EXERCISE GOAL
Please could you give again the lines from the one holding "(blocked 2 300" through the final line of the data below, exactly, with no other lines?

Excerpts from a dataset
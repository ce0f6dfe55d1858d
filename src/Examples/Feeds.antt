-- ===== src/Examples/Feeds.antt =====
-- Ticks, an account and failed logins, and the theorems about them.
use short_trading_bot.Base.{ℕ, ◌+◌, ◌≡◌, refl, ◌↔◌, true, List, [], ◌∷◌, length, leb, arith}
use short_trading_bot.Domain.Enums.{m1, krx, krw}
use short_trading_bot.Execution.Types.{BalancePosition}
use short_trading_bot.Execution.Reconciler.{in_sync, reconcile}
use short_trading_bot.Execution.Reconciler.Sync.{held_locally, held_at_broker, reconcile_iff}
use short_trading_bot.Market.BarBuilder.{Tick, Bar, OpenBar, on_tick}
use short_trading_bot.Market.BarBuilder.Conservation.{
  feed, feed_volume, bar_volume, open_volume, tick_volume,
}
use short_trading_bot.Api.Throttle.{blocked}
use short_trading_bot.Api.Throttle.Window.{record_all, within, blocked_iff}
use short_trading_bot.Examples.Service.{world}

abbrev print : ℕ → ℕ → Tick
print price ts = record { ticker = 5930; price = price; volume = 3; ts = ts; day = 0 }

-- two ticks in the first minute and one in the second
abbrev ticks : List Tick
ticks = print 100 10 ∷ print 110 50 ∷ print 105 70 ∷ []

abbrev first_bar : Bar
first_bar = record {
  ticker = 5930;
  resolution = m1;
  ts = 0;
  opening = 100;
  high = 110;
  low = 100;
  close = 110;
  volume = 6;
  value = 630;
}

abbrev second_bar : OpenBar
second_bar = record {
  bucket = 60;
  opening = 105;
  high = 105;
  low = 105;
  close = 105;
  volume = 3;
  value = 315;
}

feed_volume_example :
    bar_volume 5930 (first_bar ∷ []) + open_volume 5930 ((5930, second_bar) ∷ [])
    ≡ open_volume 5930 [] + tick_volume 5930 ticks
feed_volume_example =
    feed_volume m1 5930 ticks [] {done = first_bar ∷ []} {bars' = (5930, second_bar) ∷ []}
      (unfold feed on_tick in refl)

abbrev account : List BalancePosition
account = record { ticker = 5930; market = krx; qty = 10; avg_price = 100; currency = krw } ∷ []

reconcile_iff_example :
    (in_sync (reconcile account world.store).0 ≡ true)
    ↔ ((k : ℕ) → held_locally k world.store ≡ held_at_broker k account)
reconcile_iff_example = reconcile_iff account world.store

blocked_iff_example :
    (blocked 2 300 9 500 (record_all 300 9 (100 ∷ 250 ∷ 400 ∷ []) [])).0
    ≡ leb 2 (length (within 300 500 (100 ∷ 250 ∷ 400 ∷ [])))
blocked_iff_example =
    blocked_iff 2 300 9 500 (100 ∷ 250 ∷ 400 ∷ [])
      ((omega arith, (omega arith, tt)), ((omega arith, tt), (tt, tt)))
      (omega arith, (omega arith, (omega arith, tt)))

RESULT FOR THIS EXERCISE
    (blocked 2 300 9 500 (record_all 300 9 (100 ∷ 250 ∷ 400 ∷ []) [])).0
    ≡ leb 2 (length (within 300 500 (100 ∷ 250 ∷ 400 ∷ [])))
blocked_iff_example =
    blocked_iff 2 300 9 500 (100 ∷ 250 ∷ 400 ∷ [])
      ((omega arith, (omega arith, tt)), ((omega arith, tt), (tt, tt)))
      (omega arith, (omega arith, (omega arith, tt)))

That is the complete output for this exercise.